Records from a dataset:
━━━━━━━━━━

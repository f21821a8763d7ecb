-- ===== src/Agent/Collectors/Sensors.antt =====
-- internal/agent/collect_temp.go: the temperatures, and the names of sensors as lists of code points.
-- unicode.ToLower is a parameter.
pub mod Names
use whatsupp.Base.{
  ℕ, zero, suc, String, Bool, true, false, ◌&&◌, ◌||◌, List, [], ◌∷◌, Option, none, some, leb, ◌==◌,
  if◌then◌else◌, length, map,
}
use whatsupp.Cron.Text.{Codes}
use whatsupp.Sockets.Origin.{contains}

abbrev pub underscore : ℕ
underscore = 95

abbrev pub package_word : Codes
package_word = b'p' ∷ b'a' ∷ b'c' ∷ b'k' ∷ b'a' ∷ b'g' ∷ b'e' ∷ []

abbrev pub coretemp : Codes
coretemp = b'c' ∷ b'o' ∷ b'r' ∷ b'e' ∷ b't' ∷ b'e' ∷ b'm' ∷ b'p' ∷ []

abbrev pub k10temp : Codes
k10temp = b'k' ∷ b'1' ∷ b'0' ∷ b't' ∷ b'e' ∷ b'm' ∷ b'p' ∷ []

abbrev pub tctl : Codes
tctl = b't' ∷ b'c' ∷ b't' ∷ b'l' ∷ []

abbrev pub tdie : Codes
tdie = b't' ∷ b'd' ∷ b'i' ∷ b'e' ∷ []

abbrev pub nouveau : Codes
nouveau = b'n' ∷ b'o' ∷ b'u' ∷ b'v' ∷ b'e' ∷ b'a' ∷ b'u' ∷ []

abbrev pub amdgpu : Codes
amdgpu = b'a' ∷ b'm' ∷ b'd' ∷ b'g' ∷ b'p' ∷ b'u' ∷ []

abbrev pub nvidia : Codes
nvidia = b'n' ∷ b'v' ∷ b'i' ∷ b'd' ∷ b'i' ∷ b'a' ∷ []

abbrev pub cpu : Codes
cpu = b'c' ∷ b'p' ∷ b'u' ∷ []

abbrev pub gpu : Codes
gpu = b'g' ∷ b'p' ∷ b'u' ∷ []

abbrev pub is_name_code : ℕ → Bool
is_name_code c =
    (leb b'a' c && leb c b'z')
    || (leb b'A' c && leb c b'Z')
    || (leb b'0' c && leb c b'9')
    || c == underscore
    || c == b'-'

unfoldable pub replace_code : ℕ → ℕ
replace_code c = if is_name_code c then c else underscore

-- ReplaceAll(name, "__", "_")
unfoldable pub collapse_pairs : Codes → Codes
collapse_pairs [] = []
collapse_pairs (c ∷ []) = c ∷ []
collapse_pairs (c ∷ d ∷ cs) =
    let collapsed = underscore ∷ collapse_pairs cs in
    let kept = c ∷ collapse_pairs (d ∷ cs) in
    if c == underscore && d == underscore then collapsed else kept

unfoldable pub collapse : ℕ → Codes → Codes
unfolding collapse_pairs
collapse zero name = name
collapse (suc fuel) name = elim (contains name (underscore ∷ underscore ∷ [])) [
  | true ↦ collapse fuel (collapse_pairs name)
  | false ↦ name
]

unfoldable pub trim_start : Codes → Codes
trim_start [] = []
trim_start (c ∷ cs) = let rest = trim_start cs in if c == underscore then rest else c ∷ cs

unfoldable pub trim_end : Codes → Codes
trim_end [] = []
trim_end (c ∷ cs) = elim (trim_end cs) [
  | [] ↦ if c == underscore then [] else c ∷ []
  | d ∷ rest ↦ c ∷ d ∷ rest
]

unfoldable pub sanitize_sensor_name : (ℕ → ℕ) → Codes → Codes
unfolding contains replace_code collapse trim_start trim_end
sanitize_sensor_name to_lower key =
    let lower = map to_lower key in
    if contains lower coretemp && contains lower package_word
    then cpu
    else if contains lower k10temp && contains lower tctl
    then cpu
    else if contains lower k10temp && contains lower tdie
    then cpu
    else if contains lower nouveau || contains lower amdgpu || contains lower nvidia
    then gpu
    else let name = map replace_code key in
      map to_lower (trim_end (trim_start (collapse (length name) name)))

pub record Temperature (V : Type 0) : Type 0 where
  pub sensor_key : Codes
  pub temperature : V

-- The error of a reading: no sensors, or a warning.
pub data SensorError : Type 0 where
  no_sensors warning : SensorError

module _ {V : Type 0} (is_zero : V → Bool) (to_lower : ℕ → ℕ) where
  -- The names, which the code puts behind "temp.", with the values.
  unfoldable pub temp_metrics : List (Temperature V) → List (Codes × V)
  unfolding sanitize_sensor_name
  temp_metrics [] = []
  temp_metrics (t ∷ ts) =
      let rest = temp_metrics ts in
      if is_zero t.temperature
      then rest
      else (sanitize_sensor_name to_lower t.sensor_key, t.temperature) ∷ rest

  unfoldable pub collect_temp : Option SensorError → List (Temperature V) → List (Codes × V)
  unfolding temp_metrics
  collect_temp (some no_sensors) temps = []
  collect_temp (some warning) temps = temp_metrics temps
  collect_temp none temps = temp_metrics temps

━━━━━━━━━━

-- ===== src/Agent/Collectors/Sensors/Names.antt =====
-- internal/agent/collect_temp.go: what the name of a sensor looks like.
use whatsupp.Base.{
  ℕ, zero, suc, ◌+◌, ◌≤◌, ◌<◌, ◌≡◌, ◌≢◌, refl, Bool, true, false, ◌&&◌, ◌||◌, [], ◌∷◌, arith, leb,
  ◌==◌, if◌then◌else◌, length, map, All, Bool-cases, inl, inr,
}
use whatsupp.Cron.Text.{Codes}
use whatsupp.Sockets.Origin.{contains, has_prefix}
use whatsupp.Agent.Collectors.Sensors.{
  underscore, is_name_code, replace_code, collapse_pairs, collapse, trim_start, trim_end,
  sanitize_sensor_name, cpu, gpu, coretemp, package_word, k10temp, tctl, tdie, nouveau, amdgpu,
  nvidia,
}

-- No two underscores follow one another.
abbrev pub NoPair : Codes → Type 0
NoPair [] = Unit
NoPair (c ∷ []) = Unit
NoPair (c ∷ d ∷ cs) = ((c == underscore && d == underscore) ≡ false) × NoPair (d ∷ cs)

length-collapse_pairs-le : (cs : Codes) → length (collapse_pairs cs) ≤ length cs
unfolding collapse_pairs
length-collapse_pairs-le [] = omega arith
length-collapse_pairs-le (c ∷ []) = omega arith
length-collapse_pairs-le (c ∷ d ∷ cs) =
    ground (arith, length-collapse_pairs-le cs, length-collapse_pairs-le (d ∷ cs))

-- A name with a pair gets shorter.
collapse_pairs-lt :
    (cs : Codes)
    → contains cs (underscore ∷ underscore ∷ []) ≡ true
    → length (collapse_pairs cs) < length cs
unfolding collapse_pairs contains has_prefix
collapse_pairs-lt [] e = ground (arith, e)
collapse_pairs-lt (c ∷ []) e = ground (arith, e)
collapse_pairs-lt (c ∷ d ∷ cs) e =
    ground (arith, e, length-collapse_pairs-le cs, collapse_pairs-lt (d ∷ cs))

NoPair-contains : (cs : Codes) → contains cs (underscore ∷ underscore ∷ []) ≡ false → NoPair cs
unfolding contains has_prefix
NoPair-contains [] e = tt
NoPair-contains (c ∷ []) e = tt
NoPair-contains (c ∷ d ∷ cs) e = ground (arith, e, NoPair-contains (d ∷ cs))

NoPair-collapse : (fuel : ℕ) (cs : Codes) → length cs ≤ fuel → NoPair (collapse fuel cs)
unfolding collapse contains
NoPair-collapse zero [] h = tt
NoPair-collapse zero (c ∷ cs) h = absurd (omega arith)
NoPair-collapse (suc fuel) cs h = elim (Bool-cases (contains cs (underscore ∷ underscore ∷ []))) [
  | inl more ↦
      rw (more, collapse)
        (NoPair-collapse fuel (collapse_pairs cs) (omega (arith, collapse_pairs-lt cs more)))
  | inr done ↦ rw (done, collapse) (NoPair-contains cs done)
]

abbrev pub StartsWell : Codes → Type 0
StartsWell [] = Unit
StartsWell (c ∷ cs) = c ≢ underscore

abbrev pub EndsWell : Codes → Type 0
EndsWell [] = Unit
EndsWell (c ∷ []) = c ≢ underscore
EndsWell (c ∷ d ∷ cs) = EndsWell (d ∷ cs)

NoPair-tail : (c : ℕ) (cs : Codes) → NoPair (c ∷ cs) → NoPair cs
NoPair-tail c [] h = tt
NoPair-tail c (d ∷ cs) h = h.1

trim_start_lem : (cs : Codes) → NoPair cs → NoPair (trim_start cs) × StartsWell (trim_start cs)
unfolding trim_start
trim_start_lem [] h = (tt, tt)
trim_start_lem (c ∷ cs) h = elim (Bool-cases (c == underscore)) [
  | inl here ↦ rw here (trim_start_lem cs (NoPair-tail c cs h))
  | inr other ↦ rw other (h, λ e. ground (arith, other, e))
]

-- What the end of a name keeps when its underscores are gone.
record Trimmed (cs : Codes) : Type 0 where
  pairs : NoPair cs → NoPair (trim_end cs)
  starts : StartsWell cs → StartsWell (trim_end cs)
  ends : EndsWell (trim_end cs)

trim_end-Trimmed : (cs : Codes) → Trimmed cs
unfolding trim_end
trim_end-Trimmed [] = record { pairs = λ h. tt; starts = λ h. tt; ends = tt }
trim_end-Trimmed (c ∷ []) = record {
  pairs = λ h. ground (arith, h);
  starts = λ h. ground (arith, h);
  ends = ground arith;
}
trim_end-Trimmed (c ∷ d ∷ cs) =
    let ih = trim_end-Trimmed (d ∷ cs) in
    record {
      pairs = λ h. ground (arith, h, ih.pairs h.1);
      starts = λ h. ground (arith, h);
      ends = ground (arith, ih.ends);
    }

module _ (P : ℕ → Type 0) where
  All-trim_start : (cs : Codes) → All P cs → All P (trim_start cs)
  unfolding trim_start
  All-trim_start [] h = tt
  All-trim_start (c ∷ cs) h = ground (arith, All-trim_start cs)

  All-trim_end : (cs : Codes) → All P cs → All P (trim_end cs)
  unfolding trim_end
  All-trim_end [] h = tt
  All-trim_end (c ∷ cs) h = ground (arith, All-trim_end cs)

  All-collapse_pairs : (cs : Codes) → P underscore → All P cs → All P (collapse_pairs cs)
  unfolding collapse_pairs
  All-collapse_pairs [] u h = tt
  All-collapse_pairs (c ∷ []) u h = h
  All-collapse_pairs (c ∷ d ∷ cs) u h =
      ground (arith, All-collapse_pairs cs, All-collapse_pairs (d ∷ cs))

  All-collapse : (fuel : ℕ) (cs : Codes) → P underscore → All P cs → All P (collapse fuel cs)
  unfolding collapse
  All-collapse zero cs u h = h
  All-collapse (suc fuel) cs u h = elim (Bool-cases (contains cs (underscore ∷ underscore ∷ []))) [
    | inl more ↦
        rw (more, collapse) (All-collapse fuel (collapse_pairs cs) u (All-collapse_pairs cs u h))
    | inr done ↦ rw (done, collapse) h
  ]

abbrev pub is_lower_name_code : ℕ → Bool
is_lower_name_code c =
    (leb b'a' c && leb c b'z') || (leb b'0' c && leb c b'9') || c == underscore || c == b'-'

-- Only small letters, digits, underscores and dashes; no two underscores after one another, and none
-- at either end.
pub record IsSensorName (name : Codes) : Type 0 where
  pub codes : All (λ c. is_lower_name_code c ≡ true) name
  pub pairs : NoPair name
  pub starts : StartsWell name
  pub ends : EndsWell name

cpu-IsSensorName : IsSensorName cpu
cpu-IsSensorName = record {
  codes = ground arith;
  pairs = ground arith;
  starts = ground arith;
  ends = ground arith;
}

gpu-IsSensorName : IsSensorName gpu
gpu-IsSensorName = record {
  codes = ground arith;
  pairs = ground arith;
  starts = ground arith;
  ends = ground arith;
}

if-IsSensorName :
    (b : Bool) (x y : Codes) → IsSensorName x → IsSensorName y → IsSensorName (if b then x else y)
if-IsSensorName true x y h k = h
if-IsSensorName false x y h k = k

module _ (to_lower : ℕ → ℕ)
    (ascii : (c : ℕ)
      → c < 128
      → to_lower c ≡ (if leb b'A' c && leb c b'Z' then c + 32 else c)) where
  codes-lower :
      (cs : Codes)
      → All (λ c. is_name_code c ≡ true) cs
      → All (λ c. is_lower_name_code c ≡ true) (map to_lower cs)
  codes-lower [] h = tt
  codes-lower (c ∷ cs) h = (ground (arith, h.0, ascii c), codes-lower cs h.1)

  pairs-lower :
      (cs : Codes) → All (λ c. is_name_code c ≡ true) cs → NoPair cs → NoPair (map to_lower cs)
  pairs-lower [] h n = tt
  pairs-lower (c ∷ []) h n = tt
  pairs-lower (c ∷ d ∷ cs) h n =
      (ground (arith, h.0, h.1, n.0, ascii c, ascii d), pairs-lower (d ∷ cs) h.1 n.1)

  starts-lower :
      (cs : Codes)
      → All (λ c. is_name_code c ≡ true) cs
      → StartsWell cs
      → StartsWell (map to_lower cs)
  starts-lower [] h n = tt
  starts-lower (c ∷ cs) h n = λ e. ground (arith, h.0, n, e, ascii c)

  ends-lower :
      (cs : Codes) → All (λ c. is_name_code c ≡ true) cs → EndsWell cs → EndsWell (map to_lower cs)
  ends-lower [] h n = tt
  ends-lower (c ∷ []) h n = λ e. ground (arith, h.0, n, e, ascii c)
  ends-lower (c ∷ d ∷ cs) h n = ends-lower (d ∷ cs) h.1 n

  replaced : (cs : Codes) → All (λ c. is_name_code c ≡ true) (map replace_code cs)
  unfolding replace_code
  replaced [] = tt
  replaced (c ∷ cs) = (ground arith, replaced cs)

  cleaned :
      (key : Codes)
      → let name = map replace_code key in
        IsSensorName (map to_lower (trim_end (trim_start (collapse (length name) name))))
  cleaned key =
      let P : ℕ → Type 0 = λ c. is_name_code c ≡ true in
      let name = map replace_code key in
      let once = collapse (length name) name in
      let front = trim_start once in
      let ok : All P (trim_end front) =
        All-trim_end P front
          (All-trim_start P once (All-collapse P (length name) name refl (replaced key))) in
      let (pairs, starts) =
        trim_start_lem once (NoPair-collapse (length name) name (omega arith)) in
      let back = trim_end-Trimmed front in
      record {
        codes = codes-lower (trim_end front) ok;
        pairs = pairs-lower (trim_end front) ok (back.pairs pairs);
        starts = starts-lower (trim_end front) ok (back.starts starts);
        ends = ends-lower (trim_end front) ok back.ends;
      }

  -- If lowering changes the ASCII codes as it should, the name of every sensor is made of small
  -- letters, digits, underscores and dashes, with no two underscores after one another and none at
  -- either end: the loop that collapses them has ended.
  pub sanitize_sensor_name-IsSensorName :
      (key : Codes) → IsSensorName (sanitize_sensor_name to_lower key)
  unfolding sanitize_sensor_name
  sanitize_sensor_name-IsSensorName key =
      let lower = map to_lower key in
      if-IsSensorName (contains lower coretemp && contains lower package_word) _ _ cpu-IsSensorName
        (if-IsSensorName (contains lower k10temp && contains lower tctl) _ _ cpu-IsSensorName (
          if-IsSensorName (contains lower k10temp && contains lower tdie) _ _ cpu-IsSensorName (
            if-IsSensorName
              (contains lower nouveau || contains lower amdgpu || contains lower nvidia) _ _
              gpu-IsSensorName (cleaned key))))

━━━━━━━━━━

### Exercise goal
Among the lines above, repeat exactly those from the line with "NoPair-collapse zero (c" to the line with "pairs : NoPair cs → NoPair (trim_end cs)", counting both ends.

### Answer
NoPair-collapse zero (c ∷ cs) h = absurd (omega arith)
NoPair-collapse (suc fuel) cs h = elim (Bool-cases (contains cs (underscore ∷ underscore ∷ []))) [
  | inl more ↦
      rw (more, collapse)
        (NoPair-collapse fuel (collapse_pairs cs) (omega (arith, collapse_pairs-lt cs more)))
  | inr done ↦ rw (done, collapse) (NoPair-contains cs done)
]

abbrev pub StartsWell : Codes → Type 0
StartsWell [] = Unit
StartsWell (c ∷ cs) = c ≢ underscore

abbrev pub EndsWell : Codes → Type 0
EndsWell [] = Unit
EndsWell (c ∷ []) = c ≢ underscore
EndsWell (c ∷ d ∷ cs) = EndsWell (d ∷ cs)

NoPair-tail : (c : ℕ) (cs : Codes) → NoPair (c ∷ cs) → NoPair cs
NoPair-tail c [] h = tt
NoPair-tail c (d ∷ cs) h = h.1

trim_start_lem : (cs : Codes) → NoPair cs → NoPair (trim_start cs) × StartsWell (trim_start cs)
unfolding trim_start
trim_start_lem [] h = (tt, tt)
trim_start_lem (c ∷ cs) h = elim (Bool-cases (c == underscore)) [
  | inl here ↦ rw here (trim_start_lem cs (NoPair-tail c cs h))
  | inr other ↦ rw other (h, λ e. ground (arith, other, e))
]

-- What the end of a name keeps when its underscores are gone.
record Trimmed (cs : Codes) : Type 0 where
  pairs : NoPair cs → NoPair (trim_end cs)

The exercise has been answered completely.